Jane Fry, radiology director at Lee Health in Florida, shared the institution's successful implementation of a global patient scheduling initiative aimed at improving patient throughput. A clinical order coordinator -- a position added as part of the new program -- has made a huge difference in their radiology department.
"An order coordinator can help alleviate the workload of the technologist, see the big picture of the patient and what the patient needs in the hospital, and prioritize what exams need to be done first," she said.
Every hospital wants to get patients through as efficiently and as safely as possible. And imaging is a key component for reaching that goal.

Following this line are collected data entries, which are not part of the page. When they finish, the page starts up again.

-- ===== src/PprfTree/Descent.antt =====
-- Where `find_key` ends in a well-formed key, and evaluation as one descent.
use secure_deletion.Common.{
  ℕ, zero, suc, ◌+◌, ◌-◌, ◌≤◌, ◌<◌, ◌≡◌, refl, ◌≢◌, inl, inr, ◌∙◌, ap, sym, Option, none, some,
  arith, if◌then◌else◌, Bool-cases,
}
use secure_deletion.PprfTree.{
  Block, pprf_internal, pprf_keyleaf, pprf_puncture, Nodes, Pprf, check_bit_is_set, find_from,
  evaluate_loop, evaluate_found, evaluate,
}
use secure_deletion.PprfTree.Bits.{prefix-suc}
use secure_deletion.PprfTree.Shape.{Label, along, Fits, IsLabelled, NodeType-cases}

-- The child that the walk of `tag` takes at a node.
abbrev pub next : Nodes → (tag depth cur : ℕ) → ℕ
next m tag depth cur = if check_bit_is_set tag depth then (m cur).v.ir else (m cur).v.il

pub find_from-zero :
    (m : Nodes) (tag depth cur : ℕ) → find_from m 0 tag depth cur ≡ (some cur, depth)
unfolding find_from
find_from-zero m tag depth cur = refl

module _ (m : Nodes) (n tag depth cur : ℕ) where
  pub find_from-internal :
      (m cur).type ≡ pprf_internal
      → find_from m (suc n) tag depth cur ≡ find_from m n tag (depth + 1) (next m tag depth cur)
  unfolding find_from
  find_from-internal e = rw (e, find_from)

  pub find_from-keyleaf :
      (m cur).type ≡ pprf_keyleaf → find_from m (suc n) tag depth cur ≡ (some cur, depth)
  unfolding find_from
  find_from-keyleaf e = rw (e, find_from)

  pub find_from-puncture :
      (m cur).type ≡ pprf_puncture → find_from m (suc n) tag depth cur ≡ (none, depth)
  unfolding find_from
  find_from-puncture e = rw (e, find_from)

module _ (prg : Block → Block × Block) where
  -- Evaluation from a node down, without the detour over the node that `find_key` returns.
  unfoldable pub descend : Nodes → ℕ → (tag depth cur : ℕ) → Option Block
  descend m zero tag depth cur = some (m cur).v
  descend m (suc n) tag depth cur = elim ((m cur).type) [
    | pprf_keyleaf ↦ some (evaluate_loop prg (suc n) tag depth (m cur).v)
    | pprf_internal ↦ descend m n tag (depth + 1) (next m tag depth cur)
    | pprf_puncture ↦ none
  ]

  pub descend-zero : (m : Nodes) (tag depth cur : ℕ) → descend m 0 tag depth cur ≡ some (m cur).v
  unfolding descend
  descend-zero m tag depth cur = refl

  pub descend-internal :
      (m : Nodes) (n tag depth cur : ℕ)
      → (m cur).type ≡ pprf_internal
      → descend m (suc n) tag depth cur ≡ descend m n tag (depth + 1) (next m tag depth cur)
  unfolding descend
  descend-internal m n tag depth cur e = rw (e, descend)

  pub descend-keyleaf :
      (m : Nodes) (n tag depth cur : ℕ)
      → (m cur).type ≡ pprf_keyleaf
      → descend m n tag depth cur ≡ some (evaluate_loop prg n tag depth (m cur).v)
  unfolding descend evaluate_loop
  descend-keyleaf m zero tag depth cur e = refl
  descend-keyleaf m (suc n) tag depth cur e = rw (e, descend)

  pub descend-puncture :
      (m : Nodes) (n tag depth cur : ℕ)
      → (m cur).type ≡ pprf_puncture
      → descend m (suc n) tag depth cur ≡ none
  unfolding descend
  descend-puncture m n tag depth cur e = rw (e, descend)

  evaluate_loop-zero : (tag depth : ℕ) (b : Block) → evaluate_loop prg 0 tag depth b ≡ b
  unfolding evaluate_loop
  evaluate_loop-zero tag depth b = refl

  evaluate_found-descend :
      (m : Nodes) (n tag depth cur pprf_depth : ℕ)
      → depth + n ≡ pprf_depth
      → evaluate_found prg m pprf_depth tag (find_from m n tag depth cur)
        ≡ descend m n tag depth cur
  evaluate_found-descend m zero tag depth cur pprf_depth rounds =
      let e : pprf_depth - depth ≡ 0 = omega arith in
      rw (find_from-zero m tag depth cur, e, descend-zero m tag depth cur)
        (ap some (evaluate_loop-zero tag depth (m cur).v))
  evaluate_found-descend m (suc n) tag depth cur pprf_depth rounds =
      elim (NodeType-cases (m cur).type) [
        | inl e ↦
            rw (find_from-internal m n tag depth cur e, descend-internal m n tag depth cur e)
              (evaluate_found-descend m n tag (depth + 1) (next m tag depth cur) pprf_depth
                (omega arith))
        | inr (inl e) ↦
            let k : pprf_depth - depth ≡ suc n = omega arith in
            rw (find_from-keyleaf m n tag depth cur e, k, descend-keyleaf m (suc n) tag depth cur e)
        | inr (inr e) ↦
            rw (find_from-puncture m n tag depth cur e, descend-puncture m n tag depth cur e)
      ]

  pub evaluate-descend :
      (m : Nodes) (pprf_depth tag : ℕ)
      → evaluate prg m pprf_depth tag ≡ descend m pprf_depth tag 0 0
  unfolding evaluate
  evaluate-descend m pprf_depth tag =
      evaluate_found-descend m pprf_depth tag 0 0 pprf_depth (omega arith)

-- The node `r` at which a walk ends, and the depth.
abbrev pub Lands : (pprf_depth : ℕ) (p : Pprf) (lab : ℕ → Label) (tag : ℕ) → Option ℕ × ℕ → Type 0
Lands pprf_depth p lab tag (none, depth) = ⊥
Lands pprf_depth p lab tag (some r, depth) =
    (r < p.size)
    × (depth ≤ pprf_depth)
    × (lab r ≡ along tag depth)
    × ((p.nodes r).type ≢ pprf_internal)
    × ((p.nodes r).type ≡ pprf_puncture → depth ≡ pprf_depth)

module _ (pprf_depth : ℕ) (p : Pprf) (lab : ℕ → Label) (is : IsLabelled pprf_depth p lab) where
  module _ (tag depth cur : ℕ) (here : lab cur ≡ along tag depth) (within : cur < p.size) where
    fits : Fits pprf_depth p.size lab (along tag depth) (p.nodes cur).v (p.nodes cur).type
    fits = rw here at (is.node cur within)

    -- At an internal node the walk goes on to a node of the used part, one level down.
    pub next-along :
        (p.nodes cur).type ≡ pprf_internal
        → depth < 64
        → (depth < pprf_depth)
          × (next p.nodes tag depth cur < p.size)
          × (lab (next p.nodes tag depth cur) ≡ along tag (depth + 1))
    next-along e h =
        let f = rw e at fits in
        elim (Bool-cases (check_bit_is_set tag depth)) [
          | inl b ↦ (
            f.0,
            rw b f.2,
            rw b (
                f.4
                ∙ ap (λ k. record { depth = depth + 1; bits = k })
                    (sym (prefix-suc tag depth h ∙ rw b))),
          )
          | inr b ↦ (
            f.0,
            rw b f.1,
            rw b (
                f.3
                ∙ ap (λ k. record { depth = depth + 1; bits = k })
                    (sym (prefix-suc tag depth h ∙ rw b))),
          )
        ]

  -- The walk of `find_key` lands on a node that is not internal, whose label is along the tag; it
  -- is a punctured one only at the full depth. NULL is never returned.
  pub find_from-Lands :
      (n tag depth cur : ℕ)
      → pprf_depth ≤ 64
      → depth + n ≡ pprf_depth
      → lab cur ≡ along tag depth
      → cur < p.size
      → Lands pprf_depth p lab tag (find_from p.nodes n tag depth cur)
  find_from-Lands zero tag depth cur deep rounds here within =
      let f = fits tag depth cur here within in
      rw (find_from-zero p.nodes tag depth cur)
        (within, omega arith, here, λ e. absurd (full (rw e at f)), λ e. omega arith)
    where
      full : Fits pprf_depth p.size lab (along tag depth) (p.nodes cur).v pprf_internal → ⊥
      full g = omega arith
  find_from-Lands (suc n) tag depth cur deep rounds here within =
      elim (NodeType-cases (p.nodes cur).type) [
        | inl e ↦
            let g = next-along tag depth cur here within e (omega arith) in
            rw (find_from-internal p.nodes n tag depth cur e) (
              find_from-Lands n tag (depth + 1) (next p.nodes tag depth cur) deep (omega arith) g.2
                g.1)
        | inr (inl e) ↦
            rw (find_from-keyleaf p.nodes n tag depth cur e)
              (within, omega arith, here, (λ q. cc), (λ q. cc))
        | inr (inr e) ↦
            let f : depth ≡ pprf_depth = rw e at (fits tag depth cur here within) in
            absurd (omega arith)
      ]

"Whether the patient comes through the [emergency department] or whether the patient comes in as a direct admit or post-surgery, imaging is involved in absolutely every step of the journey from admission to discharge," Fry said. "So it's critical that we have a clinical order coordinator to help coordinate all of the patients."
A more efficient workflow
The radiology department has really benefited from the global patient scheduling initiative, according to Fry.
"Prior to the implementation of this system, each modality -- whether it be x-ray, nuclear medicine, or CT -- lived in their own little bubble, calling patients down as they got a requisition for the exam without much coordination within the department," she said.
After the order was received, a requisition would then be submitted to the nursing unit to have the patient transported to the radiology department for the study. Sometimes, however, the patient wasn't ready when transportation arrived. For example, a patient might be in the middle of a breathing treatment and transport was sent away, she said.
"It was not uncommon to have 45-minute or hour delays as to when you expected a patient," Fry said. "And if it was a physician-related procedure like an aspiration study or a fluoro study, a lumbar puncture, or an interventional study, you had a radiologist's time tied up with that as well."
Those delays compounded and led to a domino effect that resulted in overtime, as staff were having to stay later to handle all of the patients, Fry said.
"The order coordinator sees the big picture of what's going on with the patient in the entire continuum of care and can help coordinate when patients come to [radiology]," she said.
Prioritizing and prepping exams
The order coordinator prioritizes exams that need to be done first. For example, she can schedule all patients who are in the observation unit earlier in the day, because those patients can often be discharged after their exams, Fry said.
What's more, the order coordinator can make all of the calls for the prep work for the exams, such as checking if the patient has a contrast allergy, according to Fry.
"If the patient has a contrast allergy for CT, that nurse who's the order coordinator can then implement the protocol for premedication and get that patient appropriately medicated so that the patient is coming to us at an appropriate time for their CT with contrast versus the patient coming down and then [we] find out the patient needs premedication," she said. "So she's taking a lot off the plates of the technologists, which then allows the technologists to scan, in which we're more efficient."
Even though imaging volumes may increase, there isn't the need to increase staff as the system has alleviated a lot of the extra clerical work for the technologists that others can do, Fry said.
"There's only a small group of people in every institution who can do a CT, who can do an x-ray," she said. "You want your clinical people doing the clinical work and this takes that burden off of them."
The initiative has led to quantifiable improvements in radiology metrics.
|Improvement in radiology metrics after adoption of global patient scheduling initiative
||Before patient scheduling initiative
||After global patient scheduling initiative
|Average time from study order to completion
||1 hour, 45 minutes
|Average time from completion of exam until dictated final report
*Implementation of speech recognition system also contributed to improvement
Getting staff buy-in
Change management was important to win buy-in from the staff, according to Fry. In small groups of four to six people, staff members brainstormed on areas that wouldn't work under the new process. The group then collaborated to develop an action plan to manage every possible problem that they could foresee.
"You're hearing their concerns, and you're involving them in the resolution of the problem," Fry said. "When you've got that [staff] buy-in, things work much better."
When asked recently about all of the good things that have happened last year, staff unanimously highlighted the order coordinator, Fry said.
"[She] has made their lives so much better and more efficient and they can't imagine life without her," she said.